-- What to work on --
Of the entries below, return exactly those lines that fall between the one containing "pub mod Wire" and the one containing "public_key_size = 32", the two end lines included.

-- Dataset content --
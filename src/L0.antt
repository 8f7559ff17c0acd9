-- ===== src/L0.antt =====
-- src/pkg/l0: the wire layer.
pub mod Replay
pub mod Identity
pub mod Delegation
pub mod Wire
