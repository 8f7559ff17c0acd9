-- ===== src/L0/Identity.antt =====
-- src/pkg/l0/identity.go: decentralised identifiers (DIDs) and the keys behind them. What the Go
-- libraries do (hexadecimal and base64url texts, SHA-256, Ed25519, strings.Split) is a parameter.
pub mod Names
mod Tests
use Prim.Native.String.{◌++◌, len}
use ipvn.Base.{
  ℕ, ◌≡◌, String, Bool, true, false, ◌&&◌, List, [], ◌∷◌, Option, none, some, ◌==◌, if◌then◌else◌,
  length, str_eq,
}
use text.Mathlib.Text.{starts_with}

-- A []byte.
abbrev pub Bytes : Type 0
Bytes = List ℕ

-- The calls of other packages.
pub record Crypto : Type 0 where
  pub hex_encode : Bytes → String
  pub hex_decode : String → Option Bytes
  pub base64_encode : Bytes → String
  pub base64_decode : String → Option Bytes
  pub split_colon : String → List String
  pub text_bytes : String → Bytes
  pub sha256 : Bytes → Bytes
  pub ed25519_sign : Bytes → Bytes → Bytes
  pub ed25519_verify : Bytes → Bytes → Bytes → Bool

pub record Identity : Type 0 where
  pub public_key : Bytes
  pub private_key : Bytes

-- ed25519.PublicKeySize.
abbrev pub public_key_size : ℕ
public_key_size = 32

abbrev pub did_prefix : String
did_prefix = "did:ipvn7:"

-- A decoded key, if it has the right size.
abbrev pub key_of_size : Option Bytes → Option Bytes
key_of_size none = none
key_of_size (some raw) = if length raw == public_key_size then some raw else none

-- `parts[2]` of a text split in three, the first two as given.
abbrev pub third_part : List String → Option String
third_part (a ∷ b ∷ c ∷ []) = if str_eq a "did" && str_eq b "ipvn7" then some c else none
third_part parts = none

module _ (lib : Crypto) where
  open lib use {
    hex_encode, hex_decode, base64_encode, base64_decode, split_colon, ed25519_sign, ed25519_verify,
  }

  -- Identity.DID and DIDFromPublicKey.
  unfoldable pub did_from_public_key : Bytes → String
  did_from_public_key pub_key = did_prefix ++ hex_encode pub_key

  unfoldable pub did : Identity → String
  unfolding did_from_public_key
  did id = did_from_public_key id.public_key

  unfoldable pub compact_did_from_public_key : Bytes → String
  compact_did_from_public_key pub_key = base64_encode pub_key

  abbrev pub hex_did_or : Option Bytes → String → String
  hex_did_or none text = did_prefix ++ text
  hex_did_or (some raw) text = did_prefix ++ hex_encode raw

  unfoldable pub canonical_did : String → String
  canonical_did text =
      if starts_with text did_prefix
      then text
      else (if len text == 43
          then hex_did_or (key_of_size (base64_decode text)) text
          else did_prefix ++ text)

  -- The key text of a DID: its third part behind the prefix, and the whole text without one.
  abbrev pub key_text : String → Option String
  key_text text = if starts_with text did_prefix then third_part (split_colon text) else some text

  abbrev pub or_else {ℓ} : {A : Type ℓ} → Option A → Option A → Option A
  or_else none later = later
  or_else (some a) later = some a

  -- A text of 43 bytes is tried as base64url first; all else, and what fails there, as hex.
  unfoldable pub key_from_text : String → Option Bytes
  key_from_text text =
      or_else (if len text == 43 then key_of_size (base64_decode text) else none)
        (key_of_size (hex_decode text))

  unfoldable pub public_key_from_did : String → Option Bytes
  unfolding key_from_text
  public_key_from_did text = elim (key_text text) [ none ↦ none | some t ↦ key_from_text t ]

  unfoldable pub sign : Identity → Bytes → Bytes
  sign id message = ed25519_sign id.private_key message

  unfoldable pub verify_signature : Bytes → Bytes → Bytes → Bool
  verify_signature pub_key message signature = ed25519_verify pub_key message signature
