-- ===== src/L0/Delegation.antt =====
-- src/pkg/l0/delegation.go: chains of signed delegations (AgenticPrincipalChain) and spending
-- mandates. The clock and fmt's decimal texts are arguments.
pub mod Chain
pub mod Signing
mod SigningTests
mod Tests
use Prim.Native.String.{◌++◌}
use ipvn.Base.{
  ℕ, suc, ◌≡◌, String, str_eq, Bool, true, false, ◌&&◌, List, [], ◌∷◌, Option, none, some, ◌==◌,
  if◌then◌else◌,
}
use ipvn.Base.Int.{ℤ, ◌+ℤ◌, ltb_ℤ, unix_seconds}
use ipvn.L0.Identity.{Crypto, Bytes, Identity, did, public_key_from_did, sign, verify_signature}

-- ExecutionTier is a string type: any other text may stand there.
pub data Tier : Type 0 where
  ordinary escalated quarantine deny : Tier
  other_tier : String → Tier

abbrev pub tier_text : Tier → String
tier_text ordinary = "ordinary"
tier_text escalated = "escalated"
tier_text quarantine = "quarantine"
tier_text deny = "deny"
tier_text (other_tier s) = s

abbrev pub is_ordinary : Tier → Bool
is_ordinary ordinary = true
is_ordinary t = false

abbrev pub is_escalated : Tier → Bool
is_escalated escalated = true
is_escalated t = false

pub record DelegationLink : Type 0 where
  pub issuer_did : String
  pub subject_did : String
  pub scope : String
  pub tier : Tier
  pub expires_at : ℤ
  pub signature : String

pub record PrincipalChain : Type 0 where
  pub root_did : String
  pub links : List DelegationLink

-- The errors of VerifyChain, with the index of the link.
pub data ChainError : Type 0 where
  empty_chain root_mismatch : ChainError
  custody_break bad_signature expired escalation : ℕ → ChainError

module _ (lib : Crypto) (decimal : ℤ → String) where
  unfoldable pub link_bytes : DelegationLink → Bytes
  link_bytes d = lib.sha256 (
      lib.text_bytes (
        d.issuer_did
        ++ "|"
        ++ d.subject_did
        ++ "|"
        ++ d.scope
        ++ "|"
        ++ tier_text d.tier
        ++ "|"
        ++ decimal d.expires_at))

  -- `none` is the error that the identity is not the issuer.
  unfoldable pub sign_link : Identity → DelegationLink → Option DelegationLink
  sign_link issuer d =
      if str_eq (did lib issuer) d.issuer_did
      then some (record d { signature = lib.hex_encode (sign lib issuer (link_bytes d)) })
      else none

  abbrev pub check_signature : Option Bytes → Option Bytes → Bytes → Bool
  check_signature none sig message = false
  check_signature (some key) none message = false
  check_signature (some key) (some sig) message = verify_signature lib key message sig

  unfoldable pub verify_link : DelegationLink → Bool
  verify_link d =
      check_signature (public_key_from_did lib d.issuer_did) (lib.hex_decode d.signature)
        (link_bytes d)

  -- CreateDelegationLink at a time of the clock, with a time to live, both in nanoseconds.
  unfoldable pub create_delegation_link :
      ℤ → Identity → String → String → Tier → ℤ → Option DelegationLink
  unfolding sign_link
  create_delegation_link clock issuer subject scope tier ttl = sign_link issuer (record {
    issuer_did = did lib issuer;
    subject_did = subject;
    scope = scope;
    tier = tier;
    expires_at = unix_seconds (clock +ℤ ttl);
    signature = "";
  })

  module _ (now : ℤ) where
    -- The loop of VerifyChain from link i on: `expected` is the root for the first link, and the
    -- subject of the link before for the others.
    unfoldable pub verify_links : ℕ → String → Tier → List DelegationLink → Tier × Option ChainError
    verify_links i expected current [] = (current, none)
    verify_links i expected current (link ∷ rest) =
        let next = if is_ordinary link.tier then ordinary else current in
        let onward = verify_links (suc i) link.subject_did next rest in
        if str_eq link.issuer_did expected
        then (if verify_link link
            then (if ltb_ℤ link.expires_at now
                then (deny, some (expired i))
                else (if is_ordinary current && is_escalated link.tier
                    then (deny, some (escalation i))
                    else onward))
            else (deny, some (bad_signature i)))
        else (deny, some (if i == 0 then root_mismatch else custody_break i))

    abbrev pub verify_nonempty : String → List DelegationLink → Tier × Option ChainError
    verify_nonempty root [] = (quarantine, some empty_chain)
    verify_nonempty root (link ∷ rest) = verify_links 0 root escalated (link ∷ rest)

    unfoldable pub verify_chain : PrincipalChain → Tier × Option ChainError
    verify_chain c = verify_nonempty c.root_did c.links

-- A spending mandate.
pub record SpendingMandate : Type 0 where
  pub payer_did : String
  pub recipient_did : String
  pub max_units : ℕ
  pub resource : String
  pub expires_at : ℤ
  pub signature : String

module _ (lib : Crypto) (decimal : ℤ → String) (decimal_units : ℕ → String) where
  unfoldable pub mandate_bytes : SpendingMandate → Bytes
  mandate_bytes m = lib.sha256 (
      lib.text_bytes (
        m.payer_did
        ++ "|"
        ++ m.recipient_did
        ++ "|"
        ++ decimal_units m.max_units
        ++ "|"
        ++ m.resource
        ++ "|"
        ++ decimal m.expires_at))

  unfoldable pub sign_mandate : Identity → SpendingMandate → Option SpendingMandate
  sign_mandate payer m =
      if str_eq (did lib payer) m.payer_did
      then some (record m { signature = lib.hex_encode (sign lib payer (mandate_bytes m)) })
      else none

  unfoldable pub verify_mandate : ℤ → SpendingMandate → Bool
  verify_mandate now m =
      if ltb_ℤ m.expires_at now
      then false
      else check_signature lib decimal (public_key_from_did lib m.payer_did)
          (lib.hex_decode m.signature) (mandate_bytes m)

  -- CreateSpendingMandate at a time of the clock, with a time to live, both in nanoseconds.
  unfoldable pub create_spending_mandate :
      ℤ → Identity → String → String → ℕ → ℤ → Option SpendingMandate
  unfolding sign_mandate
  create_spending_mandate clock payer recipient resource max_units ttl =
      sign_mandate payer (record {
        payer_did = did lib payer;
        recipient_did = recipient;
        max_units = max_units;
        resource = resource;
        expires_at = unix_seconds (clock +ℤ ttl);
        signature = "";
      })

-- Solved exercise --
pub mod Wire
repository 8f7559ff17c0acd9
-- ===== src/L0/Identity.antt =====
-- src/pkg/l0/identity.go: decentralised identifiers (DIDs) and the keys behind them. What the Go
-- libraries do (hexadecimal and base64url texts, SHA-256, Ed25519, strings.Split) is a parameter.
pub mod Names
mod Tests
use Prim.Native.String.{◌++◌, len}
use ipvn.Base.{
  ℕ, ◌≡◌, String, Bool, true, false, ◌&&◌, List, [], ◌∷◌, Option, none, some, ◌==◌, if◌then◌else◌,
  length, str_eq,
}
use text.Mathlib.Text.{starts_with}

-- A []byte.
abbrev pub Bytes : Type 0
Bytes = List ℕ

-- The calls of other packages.
pub record Crypto : Type 0 where
  pub hex_encode : Bytes → String
  pub hex_decode : String → Option Bytes
  pub base64_encode : Bytes → String
  pub base64_decode : String → Option Bytes
  pub split_colon : String → List String
  pub text_bytes : String → Bytes
  pub sha256 : Bytes → Bytes
  pub ed25519_sign : Bytes → Bytes → Bytes
  pub ed25519_verify : Bytes → Bytes → Bytes → Bool

pub record Identity : Type 0 where
  pub public_key : Bytes
  pub private_key : Bytes

-- ed25519.PublicKeySize.
abbrev pub public_key_size : ℕ
public_key_size = 32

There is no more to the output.